A decade of sanctions had already hollowed out the economic base for organised opposition, and left ordinary Iranians too atomised to sustain a months-long mobilisation.
Even Reza Pahlavi, exiled son of another deposed Iranian dictator and a prominent advocate of regime change, acknowledged that empowerment “doesn’t mean making the Iranian people starve more.”
Iran’s regional role is to be a perpetual adversary. This doesn’t require a conspiracy theory. It’s an emergent property of overlapping interests – Israeli security doctrine, Gulf monarchy survival, US defence industry economics, domestic political incentives – all converging on the same outcome.
A set of circumstances in which nobody has the incentive to ask what a successful democratic Iran would actually mean for them, or what it might take to get there.
2. Nuclear Nationalism
The most dangerous misconception about a post-theocratic Iran is that it would abandon its nuclear ambitions.
Iranian nuclear nationalism runs across the entire political spectrum and would almost certainly intensify under democratic government.
A 2024 survey in the Bulletin of the Atomic Scientists found almost 70 per cent of Iranians support possessing nuclear weapons – a turnaround from earlier polls where majorities rejected it.
That shift in attitude accelerated after Israel’s strikes on Iranian military commanders, suggesting that security-driven nuclear sentiment intensifies under outside threats regardless of who is in charge.

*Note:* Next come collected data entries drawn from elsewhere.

-- ===== src/Mapping/FileLayout.antt =====
-- src/layout/data_type_layout.cc: DataTypeLayout, a vector of file regions. A failed assert, or an index
-- past the end of the vector, is `none`.
pub mod SubRegions
use hecios.RegionSet.{FileRegion}
use hecios.Prelude.{
  ◌&&◌, ℕ, suc, ◌+◌, min, Bool, List, [], ◌∷◌, ◌++◌, Option, none, some, if◌then◌else◌, ltb, leb,
  ◌==◌, add_u64, sub_u64, length, get_elem?,
}

-- addRegion.
unfoldable pub add_region : List FileRegion → ℕ → ℕ → List FileRegion
add_region layout offset extent = layout ++ record { offset = offset; extent = extent } ∷ []

-- The loop of addRegions, and its assert.
unfoldable pub add_each : List FileRegion → List ℕ → List ℕ → List FileRegion
unfolding add_region
add_each layout (o ∷ offsets) (e ∷ extents) = add_each (add_region layout o e) offsets extents
add_each layout _ _ = layout

unfoldable pub add_regions : List FileRegion → List ℕ → List ℕ → Option (List FileRegion)
add_regions layout offsets extents =
    if length offsets == length extents then some (add_each layout offsets extents) else none

-- getRegion.
unfoldable pub get_region : List FileRegion → ℕ → Option FileRegion
get_region layout idx = get_elem? layout idx

-- getLength.
unfoldable pub length_from : ℕ → List FileRegion → ℕ
length_from size [] = size
length_from size (x ∷ xs) = length_from (add_u64 size x.extent) xs

unfoldable pub get_length : List FileRegion → ℕ
get_length layout = length_from 0 layout

-- The first loop of getSubRegions: the region that holds the byte, the bytes up to its end, and the
-- regions behind it.
unfoldable pub find_first :
    ℕ → ℕ → FileRegion → List FileRegion → Option (FileRegion × ℕ × List FileRegion)
find_first byte_offset processed x [] =
    if leb processed byte_offset then none else some (x, processed, [])
find_first byte_offset processed x (y ∷ ys) =
    let next = find_first byte_offset (add_u64 processed y.extent) y ys in
    if leb processed byte_offset then next else some (x, processed, y ∷ ys)

-- Its second loop: the regions that follow, up to the length asked for.
unfoldable pub take_rest : ℕ → ℕ → List FileRegion → Option (List FileRegion)
take_rest assigned byte_length [] = if ltb assigned byte_length then none else some []
take_rest assigned byte_length (x ∷ xs) =
    let size = min x.extent (sub_u64 byte_length assigned) in
    let next = take_rest (add_u64 assigned size) byte_length xs in
    if ltb assigned byte_length
    then elim next [
      | none ↦ none
      | some regions ↦ some (record { offset = x.offset; extent = size } ∷ regions)
    ]
    else some []

-- What follows the first loop.
unfoldable pub cut_from : ℕ → ℕ → FileRegion → ℕ → List FileRegion → Option (List FileRegion)
cut_from byte_offset byte_length x processed rest =
    let first_offset = sub_u64 (add_u64 x.offset byte_offset) (sub_u64 processed x.extent) in
    let first_extent = min x.extent byte_length in
    elim (take_rest first_extent byte_length rest) [
      | none ↦ none
      | some regions ↦ some (record { offset = first_offset; extent = first_extent } ∷ regions)
    ]

-- getSubRegions.
unfoldable pub get_sub_regions : List FileRegion → ℕ → ℕ → Option (List FileRegion)
get_sub_regions [] byte_offset byte_length = none
get_sub_regions (x ∷ xs) byte_offset byte_length =
    let total = get_length (x ∷ xs) in
    let found = find_first byte_offset x.extent x xs in
    if ltb byte_offset total && leb (add_u64 byte_offset byte_length) total
    then elim found [
      | none ↦ none
      | some (y, processed, rest) ↦ cut_from byte_offset byte_length y processed rest
    ]
    else none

IranPoll and Chicago Council surveys have consistently found that around 90 per cent of Iranians support developing peaceful nuclear energy, and nearly three-quarters would reject any deal that required Iran to permanently surrender enrichment rights, even in exchange for full sanctions relief.
The University of Maryland’s Centre for International and Security Studies found that overwhelming majorities view the nuclear programme as one of Iran’s greatest national achievements.
Obviously these “polls” take place in an authoritarian state – people might overstate or understate hawkish opinions. But the consistency across multiple surveys, carried out by different organisations over several years, makes the broad pattern pretty credible.
Nuclear nationalism is not driven by theocratic ideology. It comes from a mix of national pride, energy security, and the legacy of the Iran-Iraq war, when the international community largely stood aside as Saddam Hussein used chemical weapons.
A democratic government with genuine popular support would face more domestic pressure to pursue nuclear capability, not less.
The current regime’s pariah status has made containment diplomatically straightforward.
Replace it with a government that Iranians actually chose? Different story.